Ya no es la Escuela Seshen, nombre bajo el cual desarrolló sus fechorías no mucho tiempo atrás. Ahora es @egiptoaprenderapensar. Desde allí promociona una masterclass sobre “pensamiento jeroglífico”, y convoca a sus conferencias de revelación. Un detalle: dos mil dólares el cursito, casi un “costo simbólico”, si de lo que se trata es de salvar el alma.
Detrás de esas "conferencias" ya se sabe que repite la vieja estrategia: la promesa de pertenencia, la venta de cursos escalonados con valores exorbitantes, la invitación a retiros espirituales en Traslasierra o a reuniones en Nueva Córdoba, la sugerencia de cortar lazos con familiares “tóxicos”, el llamado a vivir en comunidad. Es una red de captación que se expande en silencio mientras la causa sigue sin que la jueza Carolina Prado, a cargo del Tribunal Oral Federal 2 de Córdoba (secundada por Noel Costa y Fabián Asís) le ponga fecha al demorado juicio, proceso al cual Aparicio llegará (si es que llega) en libertad. La expectativa más realista que manejan los “tiempistas” de tribunales indica que no sería este año.
La bronca y el silencio
Las víctimas insisten en que el Estado tiene que hacerse cargo, no sólo del proceso judicial, sino del cuidado posterior. "Nosotras fuimos usadas y tiradas. Nadie se acercó a darnos ayuda, ni psicológica, ni económica, ni legal. Todo lo que conseguimos fue peleando. Y ahora tenemos que ver cómo este tipo reaparece como si nada, como si fuera un sabio, mientras a nosotras nos siguen preguntando si no éramos cómplices", dice otra de las mujeres que integró el grupo original.

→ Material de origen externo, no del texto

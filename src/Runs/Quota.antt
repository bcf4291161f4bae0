-- ===== src/Runs/Quota.antt =====
-- The ResourceQuota and LimitRange of a tenant's namespace (internal/runs/quota.go), each under
-- the name tenant-default, so one per namespace. A quantity is kept as the operator wrote it:
-- resource.MustParse panics on one that does not parse, and is not modelled.
pub mod Upsert
use ai_lab.Prelude.{
  Bool, true, false, not, ◌&&◌, none, some, List, [], ◌∷◌, ◌++◌, if◌then◌else◌, Text, txt, is_empty,
  lookup, insert,
}

pub record QuotaSpec : Type 0 where
  pub cpu : Text
  pub memory : Text
  pub pods : Text

pub record LimitSpec : Type 0 where
  pub default_cpu : Text
  pub default_memory : Text
  pub max_cpu : Text
  pub max_memory : Text

-- corev1.ResourceList
abbrev pub ResourceList : Type 0
ResourceList = List (Text × Text)

pub record LimitRange : Type 0 where
  pub default_request : ResourceList
  pub default : ResourceList
  pub max : ResourceList

-- Whether the calls of upsertOwnedlessly reach the API server and are served.
pub record UpsertCall : Type 0 where
  pub create_ok : Bool
  pub get_ok : Bool
  pub update_ok : Bool

abbrev pub resource_if_set : Text → Text → ResourceList
resource_if_set name value = if is_empty value then [] else (name, value) ∷ []

-- upsertOwnedlessly, by namespace; true is nil.
unfoldable pub upsert_ownedlessly {ℓ} :
    {V : Type ℓ} → UpsertCall → Text → V → List (Text × V) → List (Text × V) × Bool
upsert_ownedlessly c ns desired m = if not c.create_ok then (m, false) else elim (lookup ns m) [
  | none ↦ (insert ns desired m, true)
  | some live ↦
      if not c.get_ok
      then (m, false)
      else if not c.update_ok
      then (m, false)
      else (insert ns desired m, true)
]

abbrev pub quota_hard : QuotaSpec → ResourceList
quota_hard q =
    resource_if_set (txt "requests.cpu") q.cpu
    ++ (resource_if_set (txt "requests.memory") q.memory ++ resource_if_set (txt "pods") q.pods)

-- ensureResourceQuota
unfoldable pub ensure_resource_quota :
    UpsertCall → Text → QuotaSpec → List (Text × ResourceList) → List (Text × ResourceList) × Bool
unfolding upsert_ownedlessly
ensure_resource_quota c ns q m =
    if is_empty q.cpu && (is_empty q.memory && is_empty q.pods)
    then (m, true)
    else upsert_ownedlessly c ns (quota_hard q) m

abbrev pub limit_range : LimitSpec → LimitRange
limit_range l =
    let defaults =
      resource_if_set (txt "cpu") l.default_cpu
      ++ resource_if_set (txt "memory") l.default_memory in
    record {
      default_request = defaults;
      default = defaults;
      max = resource_if_set (txt "cpu") l.max_cpu ++ resource_if_set (txt "memory") l.max_memory;
    }

-- ensureLimitRange
unfoldable pub ensure_limit_range :
    UpsertCall → Text → LimitSpec → List (Text × LimitRange) → List (Text × LimitRange) × Bool
unfolding upsert_ownedlessly
ensure_limit_range c ns l m =
    if is_empty l.default_cpu
      && (is_empty l.default_memory && (is_empty l.max_cpu && is_empty l.max_memory))
    then (m, true)
    else upsert_ownedlessly c ns (limit_range l) m

pub record Quotas : Type 0 where
  pub hard : List (Text × ResourceList)
  pub limits : List (Text × LimitRange)

-- EnsureTenantQuotas: the limit range is not tried after a failing quota.
unfoldable pub ensure_tenant_quotas :
    UpsertCall → UpsertCall → Text → QuotaSpec → LimitSpec → Quotas → Quotas × Bool
unfolding ensure_resource_quota ensure_limit_range
ensure_tenant_quotas c d ns q l s =
    let (hard', quota_ok) = ensure_resource_quota c ns q s.hard in
    let (limits', limit_ok) = ensure_limit_range d ns l s.limits in
    if not quota_ok
    then (record s { hard = hard' }, false)
    else (record { hard = hard'; limits = limits' }, limit_ok)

Las querellas exigen que se revoque la libertad del manosanta. El riesgo era tan obvio que se terminó cumpliendo: el hombre volvió a sus prácticas, tan rentables por cierto. La figura de “peligrosidad procesal” —que alguna vez se debatió en abstracto— ahora toma forma con nombre y apellido. Pero nadie actúa.
Mientras tanto, Aparicio camina libre por las sierras, vuelve a predicar, vuelve a captar a sus desprevenidas audiencias. Carolina Cannes, ahora bajo el seudónimo de “Eva Bennu” (@eva.bennu.22), lo acompaña desde la misma casa en la que operaban antes.
También su hijo Máximo lo saluda con reverencia, comentando bajo el mismísimo artículo de Revista El Sur, republicado por un sitio armado por las víctimas para dar visibilidad al horror padecido. Pero ahí Máximo, con nombre y apellido, publica: “Baraká, querido Maestro, Ya estás en libertad. Que los dioses bendigan tu alma. Aún hay personas que te apoyan porque saben quién sos y por qué viniste al mundo. Y los que fueron en contra tuya con el karma se van a encontrar, y el alma de ellos al bajo astral irán”.

El muchacho nunca dejó el campo de Traslasierra, y según denunciaron las víctimas, también participa activamente de la reorganización, tal como se ve en su publicación. La misma estructura, con los mismos actores, repitiendo el mismo guion.
El regreso de Aparicio no es sólo el regreso de un hombre. Es el regreso de una maquinaria de abuso, impune y eficaz. Es el espejo de una Justicia que, por lenta y por tibia, ya no protege a las víctimas: las condena una y otra vez.